[[ SOURCE INFORMATION, beginning ]]

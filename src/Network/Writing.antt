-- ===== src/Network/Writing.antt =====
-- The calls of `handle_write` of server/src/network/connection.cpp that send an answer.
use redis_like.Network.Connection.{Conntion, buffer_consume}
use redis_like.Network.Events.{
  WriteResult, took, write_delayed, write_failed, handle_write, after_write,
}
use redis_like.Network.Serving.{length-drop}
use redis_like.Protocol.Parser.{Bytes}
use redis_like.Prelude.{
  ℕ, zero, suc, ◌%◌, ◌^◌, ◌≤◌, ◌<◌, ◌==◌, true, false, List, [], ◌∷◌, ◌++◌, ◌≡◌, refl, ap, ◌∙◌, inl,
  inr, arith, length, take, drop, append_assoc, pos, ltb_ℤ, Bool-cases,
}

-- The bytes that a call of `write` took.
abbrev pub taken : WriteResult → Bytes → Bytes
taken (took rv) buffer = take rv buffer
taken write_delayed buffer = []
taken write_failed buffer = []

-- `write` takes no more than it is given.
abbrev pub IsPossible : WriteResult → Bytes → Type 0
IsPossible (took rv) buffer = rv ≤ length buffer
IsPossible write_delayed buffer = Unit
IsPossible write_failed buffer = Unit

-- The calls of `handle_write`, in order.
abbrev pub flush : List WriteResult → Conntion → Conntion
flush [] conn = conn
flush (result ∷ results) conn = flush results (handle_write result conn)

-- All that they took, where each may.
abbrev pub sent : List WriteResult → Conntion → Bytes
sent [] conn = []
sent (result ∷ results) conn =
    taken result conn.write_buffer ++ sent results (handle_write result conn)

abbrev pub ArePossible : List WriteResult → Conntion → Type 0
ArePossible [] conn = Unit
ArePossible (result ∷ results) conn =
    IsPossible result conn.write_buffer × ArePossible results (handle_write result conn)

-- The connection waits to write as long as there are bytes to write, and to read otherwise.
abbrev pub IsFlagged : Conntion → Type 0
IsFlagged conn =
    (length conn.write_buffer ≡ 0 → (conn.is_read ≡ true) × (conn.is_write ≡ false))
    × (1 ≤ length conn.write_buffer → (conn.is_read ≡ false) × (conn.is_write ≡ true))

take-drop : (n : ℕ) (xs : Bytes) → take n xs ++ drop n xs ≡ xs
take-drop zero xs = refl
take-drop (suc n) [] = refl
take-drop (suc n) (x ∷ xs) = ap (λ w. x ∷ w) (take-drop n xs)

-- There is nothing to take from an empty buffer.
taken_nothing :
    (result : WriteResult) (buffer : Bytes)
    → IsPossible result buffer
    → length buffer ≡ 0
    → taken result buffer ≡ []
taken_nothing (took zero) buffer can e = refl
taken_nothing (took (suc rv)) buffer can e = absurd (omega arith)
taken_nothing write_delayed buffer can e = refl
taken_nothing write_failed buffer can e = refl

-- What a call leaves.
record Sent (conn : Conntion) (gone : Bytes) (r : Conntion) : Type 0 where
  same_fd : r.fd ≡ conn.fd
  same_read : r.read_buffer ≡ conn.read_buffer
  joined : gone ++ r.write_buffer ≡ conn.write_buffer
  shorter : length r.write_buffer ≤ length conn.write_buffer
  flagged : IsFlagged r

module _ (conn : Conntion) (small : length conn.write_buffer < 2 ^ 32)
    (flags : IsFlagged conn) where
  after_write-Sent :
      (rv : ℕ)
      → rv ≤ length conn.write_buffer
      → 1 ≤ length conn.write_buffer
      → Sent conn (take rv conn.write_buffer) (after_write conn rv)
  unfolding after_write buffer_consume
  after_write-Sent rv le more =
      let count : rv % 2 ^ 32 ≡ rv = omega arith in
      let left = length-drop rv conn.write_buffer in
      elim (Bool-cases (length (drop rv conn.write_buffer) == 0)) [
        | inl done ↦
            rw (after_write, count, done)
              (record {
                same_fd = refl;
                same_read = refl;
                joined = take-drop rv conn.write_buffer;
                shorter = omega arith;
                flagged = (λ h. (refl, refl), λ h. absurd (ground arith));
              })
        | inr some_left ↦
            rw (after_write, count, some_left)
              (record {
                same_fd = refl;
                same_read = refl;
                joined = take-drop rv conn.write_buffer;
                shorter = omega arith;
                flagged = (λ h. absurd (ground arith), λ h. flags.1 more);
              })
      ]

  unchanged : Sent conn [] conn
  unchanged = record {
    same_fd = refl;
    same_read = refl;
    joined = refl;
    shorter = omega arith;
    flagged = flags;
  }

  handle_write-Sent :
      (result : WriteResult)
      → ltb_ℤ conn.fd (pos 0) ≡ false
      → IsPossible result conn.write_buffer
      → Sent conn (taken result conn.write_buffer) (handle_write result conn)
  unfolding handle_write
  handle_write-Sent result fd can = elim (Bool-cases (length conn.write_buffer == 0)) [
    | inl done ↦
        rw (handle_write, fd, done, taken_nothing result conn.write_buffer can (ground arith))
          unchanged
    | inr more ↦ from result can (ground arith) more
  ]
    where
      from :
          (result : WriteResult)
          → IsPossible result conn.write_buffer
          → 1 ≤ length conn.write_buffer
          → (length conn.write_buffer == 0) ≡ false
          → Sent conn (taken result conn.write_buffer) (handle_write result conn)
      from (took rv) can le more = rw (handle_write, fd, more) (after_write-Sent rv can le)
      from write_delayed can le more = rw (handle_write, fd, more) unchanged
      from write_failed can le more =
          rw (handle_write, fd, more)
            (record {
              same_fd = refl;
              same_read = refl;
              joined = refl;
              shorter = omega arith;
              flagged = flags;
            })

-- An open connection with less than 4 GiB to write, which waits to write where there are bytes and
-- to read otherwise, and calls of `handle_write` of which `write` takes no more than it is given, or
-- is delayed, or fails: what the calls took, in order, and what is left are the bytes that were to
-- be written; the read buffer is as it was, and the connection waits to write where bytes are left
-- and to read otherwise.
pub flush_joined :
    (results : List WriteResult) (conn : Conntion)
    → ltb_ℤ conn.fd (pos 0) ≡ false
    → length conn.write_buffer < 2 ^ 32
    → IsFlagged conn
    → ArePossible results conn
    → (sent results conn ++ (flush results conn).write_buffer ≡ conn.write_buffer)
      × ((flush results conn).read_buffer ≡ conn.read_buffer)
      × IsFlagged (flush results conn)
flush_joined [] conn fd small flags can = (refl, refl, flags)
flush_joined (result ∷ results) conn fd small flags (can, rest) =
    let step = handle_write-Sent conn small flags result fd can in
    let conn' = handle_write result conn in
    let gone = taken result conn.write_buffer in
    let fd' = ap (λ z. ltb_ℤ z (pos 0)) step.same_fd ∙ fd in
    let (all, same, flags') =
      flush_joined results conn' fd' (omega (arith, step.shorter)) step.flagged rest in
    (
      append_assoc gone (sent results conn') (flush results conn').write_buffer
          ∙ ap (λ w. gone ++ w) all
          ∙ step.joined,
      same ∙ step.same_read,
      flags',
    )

[[ SOURCE INFORMATION, end ]]

Transcribe the entries above so that nothing in them differs from the original.

◆ **PROBLEM SOLUTION**
filename src/Network/Writing.antt
-- ===== src/Network/Writing.antt =====
-- The calls of `handle_write` of server/src/network/connection.cpp that send an answer.
use redis_like.Network.Connection.{Conntion, buffer_consume}
use redis_like.Network.Events.{
  WriteResult, took, write_delayed, write_failed, handle_write, after_write,
}
use redis_like.Network.Serving.{length-drop}
use redis_like.Protocol.Parser.{Bytes}
use redis_like.Prelude.{
  ℕ, zero, suc, ◌%◌, ◌^◌, ◌≤◌, ◌<◌, ◌==◌, true, false, List, [], ◌∷◌, ◌++◌, ◌≡◌, refl, ap, ◌∙◌, inl,
  inr, arith, length, take, drop, append_assoc, pos, ltb_ℤ, Bool-cases,
}

-- The bytes that a call of `write` took.
abbrev pub taken : WriteResult → Bytes → Bytes
taken (took rv) buffer = take rv buffer
taken write_delayed buffer = []
taken write_failed buffer = []

-- `write` takes no more than it is given.
abbrev pub IsPossible : WriteResult → Bytes → Type 0
IsPossible (took rv) buffer = rv ≤ length buffer
IsPossible write_delayed buffer = Unit
IsPossible write_failed buffer = Unit

-- The calls of `handle_write`, in order.
abbrev pub flush : List WriteResult → Conntion → Conntion
flush [] conn = conn
flush (result ∷ results) conn = flush results (handle_write result conn)

-- All that they took, where each may.
abbrev pub sent : List WriteResult → Conntion → Bytes
sent [] conn = []
sent (result ∷ results) conn =
    taken result conn.write_buffer ++ sent results (handle_write result conn)

abbrev pub ArePossible : List WriteResult → Conntion → Type 0
ArePossible [] conn = Unit
ArePossible (result ∷ results) conn =
    IsPossible result conn.write_buffer × ArePossible results (handle_write result conn)

-- The connection waits to write as long as there are bytes to write, and to read otherwise.
abbrev pub IsFlagged : Conntion → Type 0
IsFlagged conn =
    (length conn.write_buffer ≡ 0 → (conn.is_read ≡ true) × (conn.is_write ≡ false))
    × (1 ≤ length conn.write_buffer → (conn.is_read ≡ false) × (conn.is_write ≡ true))

take-drop : (n : ℕ) (xs : Bytes) → take n xs ++ drop n xs ≡ xs
take-drop zero xs = refl
take-drop (suc n) [] = refl
take-drop (suc n) (x ∷ xs) = ap (λ w. x ∷ w) (take-drop n xs)

-- There is nothing to take from an empty buffer.
taken_nothing :
    (result : WriteResult) (buffer : Bytes)
    → IsPossible result buffer
    → length buffer ≡ 0
    → taken result buffer ≡ []
taken_nothing (took zero) buffer can e = refl
taken_nothing (took (suc rv)) buffer can e = absurd (omega arith)
taken_nothing write_delayed buffer can e = refl
taken_nothing write_failed buffer can e = refl

-- What a call leaves.
record Sent (conn : Conntion) (gone : Bytes) (r : Conntion) : Type 0 where
  same_fd : r.fd ≡ conn.fd
  same_read : r.read_buffer ≡ conn.read_buffer
  joined : gone ++ r.write_buffer ≡ conn.write_buffer
  shorter : length r.write_buffer ≤ length conn.write_buffer
  flagged : IsFlagged r

module _ (conn : Conntion) (small : length conn.write_buffer < 2 ^ 32)
    (flags : IsFlagged conn) where
  after_write-Sent :
      (rv : ℕ)
      → rv ≤ length conn.write_buffer
      → 1 ≤ length conn.write_buffer
      → Sent conn (take rv conn.write_buffer) (after_write conn rv)
  unfolding after_write buffer_consume
  after_write-Sent rv le more =
      let count : rv % 2 ^ 32 ≡ rv = omega arith in
      let left = length-drop rv conn.write_buffer in
      elim (Bool-cases (length (drop rv conn.write_buffer) == 0)) [
        | inl done ↦
            rw (after_write, count, done)
              (record {
                same_fd = refl;
                same_read = refl;
                joined = take-drop rv conn.write_buffer;
                shorter = omega arith;
                flagged = (λ h. (refl, refl), λ h. absurd (ground arith));
              })
        | inr some_left ↦
            rw (after_write, count, some_left)
              (record {
                same_fd = refl;
                same_read = refl;
                joined = take-drop rv conn.write_buffer;
                shorter = omega arith;
                flagged = (λ h. absurd (ground arith), λ h. flags.1 more);
              })
      ]

  unchanged : Sent conn [] conn
  unchanged = record {
    same_fd = refl;
    same_read = refl;
    joined = refl;
    shorter = omega arith;
    flagged = flags;
  }

  handle_write-Sent :
      (result : WriteResult)
      → ltb_ℤ conn.fd (pos 0) ≡ false
      → IsPossible result conn.write_buffer
      → Sent conn (taken result conn.write_buffer) (handle_write result conn)
  unfolding handle_write
  handle_write-Sent result fd can = elim (Bool-cases (length conn.write_buffer == 0)) [
    | inl done ↦
        rw (handle_write, fd, done, taken_nothing result conn.write_buffer can (ground arith))
          unchanged
    | inr more ↦ from result can (ground arith) more
  ]
    where
      from :
          (result : WriteResult)
          → IsPossible result conn.write_buffer
          → 1 ≤ length conn.write_buffer
          → (length conn.write_buffer == 0) ≡ false
          → Sent conn (taken result conn.write_buffer) (handle_write result conn)
      from (took rv) can le more = rw (handle_write, fd, more) (after_write-Sent rv can le)
      from write_delayed can le more = rw (handle_write, fd, more) unchanged
      from write_failed can le more =
          rw (handle_write, fd, more)
            (record {
              same_fd = refl;
              same_read = refl;
              joined = refl;
              shorter = omega arith;
              flagged = flags;
            })

-- An open connection with less than 4 GiB to write, which waits to write where there are bytes and
-- to read otherwise, and calls of `handle_write` of which `write` takes no more than it is given, or
-- is delayed, or fails: what the calls took, in order, and what is left are the bytes that were to
-- be written; the read buffer is as it was, and the connection waits to write where bytes are left
-- and to read otherwise.
pub flush_joined :
    (results : List WriteResult) (conn : Conntion)
    → ltb_ℤ conn.fd (pos 0) ≡ false
    → length conn.write_buffer < 2 ^ 32
    → IsFlagged conn
    → ArePossible results conn
    → (sent results conn ++ (flush results conn).write_buffer ≡ conn.write_buffer)
      × ((flush results conn).read_buffer ≡ conn.read_buffer)
      × IsFlagged (flush results conn)
flush_joined [] conn fd small flags can = (refl, refl, flags)
flush_joined (result ∷ results) conn fd small flags (can, rest) =
    let step = handle_write-Sent conn small flags result fd can in
    let conn' = handle_write result conn in
    let gone = taken result conn.write_buffer in
    let fd' = ap (λ z. ltb_ℤ z (pos 0)) step.same_fd ∙ fd in
    let (all, same, flags') =
      flush_joined results conn' fd' (omega (arith, step.shorter)) step.flagged rest in
    (
      append_assoc gone (sent results conn') (flush results conn').write_buffer
          ∙ ap (λ w. gone ++ w) all
          ∙ step.joined,
      same ∙ step.same_read,
      flags',
    )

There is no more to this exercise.